Metadata-Version: 2.1
Name: kaldialign
Version: 0.7.1
Summary: Kaldi alignment methods wrapped into Python
Home-page: https://github.com/pzelasko/kaldialign
Author: Piotr Żelasko
Author-email: pzelasko@jhu.edu
License: Apache licensed, as found in the LICENSE file
Keywords: natural language processing,speech recognition,machine learning
Classifier: Programming Language :: Python :: 3.6
Classifier: Programming Language :: Python :: 3.7
Classifier: Programming Language :: Python :: 3.8
Classifier: Programming Language :: Python :: 3.9
Classifier: Development Status :: 3 - Alpha
Classifier: Intended Audience :: Developers
Classifier: License :: OSI Approved :: Apache Software License
Classifier: Operating System :: OS Independent
Classifier: Topic :: Software Development :: Libraries :: Python Modules
Classifier: Topic :: Text Processing :: Linguistic
Classifier: Topic :: Scientific/Engineering :: Artificial Intelligence
Classifier: Topic :: Scientific/Engineering :: Mathematics
Description-Content-Type: text/markdown
License-File: LICENSE

# kaldialign

A small package that exposes edit distance computation functions from [Kaldi](https://github.com/kaldi-asr/kaldi).

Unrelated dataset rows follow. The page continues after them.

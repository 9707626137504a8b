-- ===== src/Gateway/Requests/Folders.antt =====
-- The working directory of a request (gateway/context_blocks.go): its clean-up, and where it leads.
use mathlib.Core.List.{reverse, reverse-append, reverse-reverse}
use kkode.Prelude.{
  ℕ, zero, suc, ◌+◌, ◌-◌, ◌≤◌, ◌<◌, Bool, true, false, ◌||◌, List, [], ◌∷◌, ◌++◌, ◌==◌, ◌≡◌, ◌≢◌,
  refl, sym, ap, arith, length, length-append, if◌then◌else◌, Bool-cases, inl, inr, All, All-append,
  append-nil, append_assoc, ◌∙◌, ok,
}
use kkode.Strings.{
  Text, codes, is_empty, text_eq, has_prefix, contains, count, split, join, replace_all, trim_space,
  trim_prefix,
}
use kkode.Strings.Pieces.{join-split, split-append, Lacks}
use kkode.Strings.Search.{count-zero_iff}
use kkode.Strings.Trimming.{StartsKept, trim-StartsKept}
use kkode.Filepath.{is_abs, clean, clean_elements, clean_step, join_path}
use kkode.Filepath.Clean.{
  IsName, render, clean_lem, All-reverse, clean_elements-names, split-render, clean-render,
  split_from-Lacks,
}
use kkode.Workspace.Inside.{IsInside}
use kkode.Gateway.Runs.{StartRequest}
use kkode.Gateway.Requests.{
  double_slash, slash, collapse, has_name, folder_text, sanitize_working_directory,
  sanitize_run_start_request,
}
use kkode.Gateway.Requests.Accepted.{validate_run_start_request_iff}
use kkode.Gateway.Requests.Validation.{working_directory_escapes_root, validate_run_start_request}

-- One slash for each pair of slashes shortens the text by one code point for each.
length-join :
    (ts : List Text) → length (join ts double_slash) ≡ length (join ts slash) + (length ts - 1)
unfolding join
length-join [] = omega arith
length-join (t ∷ []) = omega arith
length-join (t ∷ u ∷ ts) = omega (
  arith,
  length-append t (double_slash ++ join (u ∷ ts) double_slash),
  length-append t (slash ++ join (u ∷ ts) slash),
  length-join (u ∷ ts),
)

replace_all_shorter :
    (s : Text)
    → contains s double_slash ≡ true
    → length (replace_all s double_slash slash) < length s
unfolding replace_all count
replace_all_shorter s h =
    let ts = split s double_slash in
    let several : count s double_slash ≢ 0 =
      λ e. absurd (cc ((count-zero_iff s double_slash (omega arith)).0 e, h)) in
    omega (arith, length-join ts, ap length (join-split s double_slash (omega arith)), several)

collapse-contains : (n : ℕ) (s : Text) → length s ≤ n → contains (collapse n s) double_slash ≡ false
unfolding collapse
collapse-contains zero [] h = unfold contains has_prefix in refl
collapse-contains zero (c ∷ s) h = absurd (omega (arith, h))
collapse-contains (suc n) s h = elim (Bool-cases (contains s double_slash)) [
  | inl e ↦ rw e (
      collapse-contains n (replace_all s double_slash slash)
        (omega (arith, h, replace_all_shorter s e)))
  | inr e ↦ rw e e
]

-- However many slashes a text has in a row, the loop of `sanitizeWorkingDirectory` ends within as
-- many rounds as the text is long, and leaves no two slashes in a row.
pub collapse-Ends : (s : Text) → contains (collapse (length s) s) double_slash ≡ false
collapse-Ends s = collapse-contains (length s) s (omega arith)

-- Elements without `..` only add names.
clean_elements-below :
    (kept es : List Text)
    → All (Lacks b'/') es
    → has_name es (codes "..") ≡ false
    → (bs : List Text) × (clean_elements true kept es ≡ bs ++ kept) × All IsName bs
unfolding clean_elements has_name
clean_elements-below kept [] h n = ([], refl, tt)
clean_elements-below kept (e ∷ es) h n = elim (Bool-cases (is_empty e || text_eq e (codes "."))) [
  | inl q ↦ unfold clean_step in rw q (clean_elements-below kept es h.1 (ground (arith, n)))
  | inr q ↦
      let other : text_eq e (codes "..") ≡ false = ground (arith, n) in
      let (bs, f, k) = clean_elements-below (e ∷ kept) es h.1 (ground (arith, n)) in
      let name : IsName e = record {
        has_text = ground (arith, q);
        not_dot = ground (arith, q);
        not_dotdot = other;
        no_slash = h.0;
      } in
      unfold clean_step in
      rw (q, other)
        (
          bs ++ e ∷ [],
          f ∙ sym (append_assoc bs (e ∷ []) kept),
          All-append IsName bs (e ∷ []) k (name, tt),
        )
]

clean_elements-append :
    (kept es fs : List Text)
    → clean_elements true kept (es ++ fs) ≡ clean_elements true (clean_elements true kept es) fs
unfolding clean_elements
clean_elements-append kept [] fs = refl
clean_elements-append kept (e ∷ es) fs = clean_elements-append (clean_step true kept e) es fs

elements-render :
    (rs : List Text) → All IsName rs → clean_elements true [] (split (render rs) slash) ≡ reverse rs
unfolding clean_elements clean_step
elements-render [] h = unfold split render has_prefix join in refl
elements-render (r ∷ rs) h =
    ap (clean_elements true []) (split-render r rs h)
    ∙ clean_elements-names [] (r ∷ rs) h
    ∙ append-nil (reverse (r ∷ rs))

-- A text whose elements have no `..` among them leads from a directory to what is inside of it.
clean-IsInside :
    (rs : List Text) (dir : Text)
    → All IsName rs
    → has_name (split dir slash) (codes "..") ≡ false
    → IsInside rs (clean (render rs ++ b'/' ∷ dir))
clean-IsInside rs dir h n =
    let kept = clean_elements true [] (split (render rs) slash) in
    let (bs, e, k) =
      clean_elements-below kept (split dir slash) (unfold split in split_from-Lacks dir) n in
    let absolute : is_abs (render rs ++ b'/' ∷ dir) ≡ true =
      unfold is_abs render has_prefix in refl in
    record {
      below = reverse bs;
      below_names = All-reverse IsName bs k;
      is_path =
          clean_lem (render rs ++ b'/' ∷ dir) absolute
          ∙ ap (λ es. render (reverse (clean_elements true [] es)))
              (split-append b'/' (render rs) dir)
          ∙ ap (λ es. render (reverse es))
              (clean_elements-append [] (split (render rs) slash) (split dir slash)
                ∙ e
                ∙ ap (◌++◌ bs) (elements-render rs h))
          ∙ ap render
              (reverse-append bs (reverse rs) ∙ ap (λ t. t ++ reverse bs) (reverse-reverse rs));
    }

StartsKept-if :
    (cut : ℕ → Bool) (a b : Bool) (s : Text)
    → StartsKept cut s
    → StartsKept cut (if a then [] else if b then [] else s)
StartsKept-if cut true b s h = tt
StartsKept-if cut false true s h = tt
StartsKept-if cut false false s h = h

folder_text-StartsKept : (value : Text) → StartsKept (λ c. c == b'/') (folder_text value)
unfolding folder_text
folder_text-StartsKept value =
    let slashed = replace_all (trim_space value) (b'\\' ∷ []) slash in
    trim-StartsKept (λ c. c == b'/') (trim_prefix (collapse (length slashed) slashed) (codes "./"))

sanitize_working_directory-StartsKept :
    (value : Text) → StartsKept (λ c. c == b'/') (sanitize_working_directory value)
unfolding sanitize_working_directory
sanitize_working_directory-StartsKept value =
    StartsKept-if (λ c. c == b'/') (is_empty (trim_space value))
      (text_eq (folder_text value) (codes ".")) (folder_text value) (folder_text-StartsKept value)

StartsKept-is_abs : (s : Text) → StartsKept (λ c. c == b'/') s → is_abs s ≡ false
unfolding is_abs has_prefix
StartsKept-is_abs [] h = refl
StartsKept-is_abs (c ∷ s) h = rw h refl

directory_stays-has_name :
    (s : Text)
    → working_directory_escapes_root s ≡ false
    → has_name (split s slash) (codes "..") ≡ false
unfolding working_directory_escapes_root
directory_stays-has_name [] h = unfold split has_name in refl
directory_stays-has_name (c ∷ s) h = h

join_path-IsInside :
    (rs : List Text) (dir : Text)
    → All IsName rs
    → has_name (split dir slash) (codes "..") ≡ false
    → IsInside rs (join_path (render rs) dir)
unfolding join_path is_empty render
join_path-IsInside rs [] h n = record {
  below = [];
  below_names = tt;
  is_path = clean-render rs h ∙ ap render (sym (append-nil rs));
}
join_path-IsInside rs (c ∷ dir) h n = clean-IsInside rs (c ∷ dir) h n

-- Where a request is accepted after its clean-up, its working directory is a relative path, and
-- joined to the project root it leads to the root or inside of it.
pub accepted-IsInside :
    (redact : Text → Text) (req : StartRequest) (rs : List Text)
    → All IsName rs
    → validate_run_start_request (sanitize_run_start_request redact req) ≡ ok tt
    → (is_abs (sanitize_working_directory req.working_directory) ≡ false)
      × IsInside rs (join_path (render rs) (sanitize_working_directory req.working_directory))
unfolding sanitize_run_start_request
accepted-IsInside redact req rs names h =
    let dir = sanitize_working_directory req.working_directory in
    let k = (validate_run_start_request_iff (sanitize_run_start_request redact req)).0 h in
    (
      StartsKept-is_abs dir (sanitize_working_directory-StartsKept req.working_directory),
      join_path-IsInside rs dir names (directory_stays-has_name dir k.shape.directory_stays),
    )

It uses the original Kaldi code and wraps it using pybind11.

## Installation

```bash
conda install -c kaldialign kaldialign
```

or

```bash
pip install --verbose kaldialign
```

or

```bash
pip install --verbose -U git+https://github.com/pzelasko/kaldialign.git
```

or

```bash
git clone https://github.com/pzelasko/kaldialign.git
cd kaldialign
python3 -m pip install --verbose .
```

## Examples

- `align(seq1, seq2, epsilon)` - used to obtain the alignment between two string sequences. `epsilon` should be a null symbol (indicating deletion/insertion) that doesn't exist in either sequence.

```python
from kaldialign import align

EPS = '*'
a = ['a', 'b', 'c']
b = ['a', 's', 'x', 'c']
ali = align(a, b, EPS)
assert ali == [('a', 'a'), ('b', 's'), (EPS, 'x'), ('c', 'c')]
```

- `edit_distance(seq1, seq2)` - used to obtain the total edit distance, as well as the number of insertions, deletions and substitutions.

```python
from kaldialign import edit_distance

a = ['a', 'b', 'c']
b = ['a', 's', 'x', 'c']
results = edit_distance(a, b)
assert results == {
    'ins': 1,
    'del': 0,
    'sub': 1,
    'total': 2
}
```

- For both of the above examples, you can pass `sclite_mode=True` to compute WER or alignments
based on SCLITE style weights, i.e., insertion/deletion cost 3 and substitution cost 4.

## Motivation

The need for this arised from the fact that practically all implementations of the Levenshtein distance have slight differences, making it impossible to use a different scoring tool than Kaldi and get the same error rate results. This package copies code from Kaldi directly and wraps it using Cython, avoiding the issue altogether.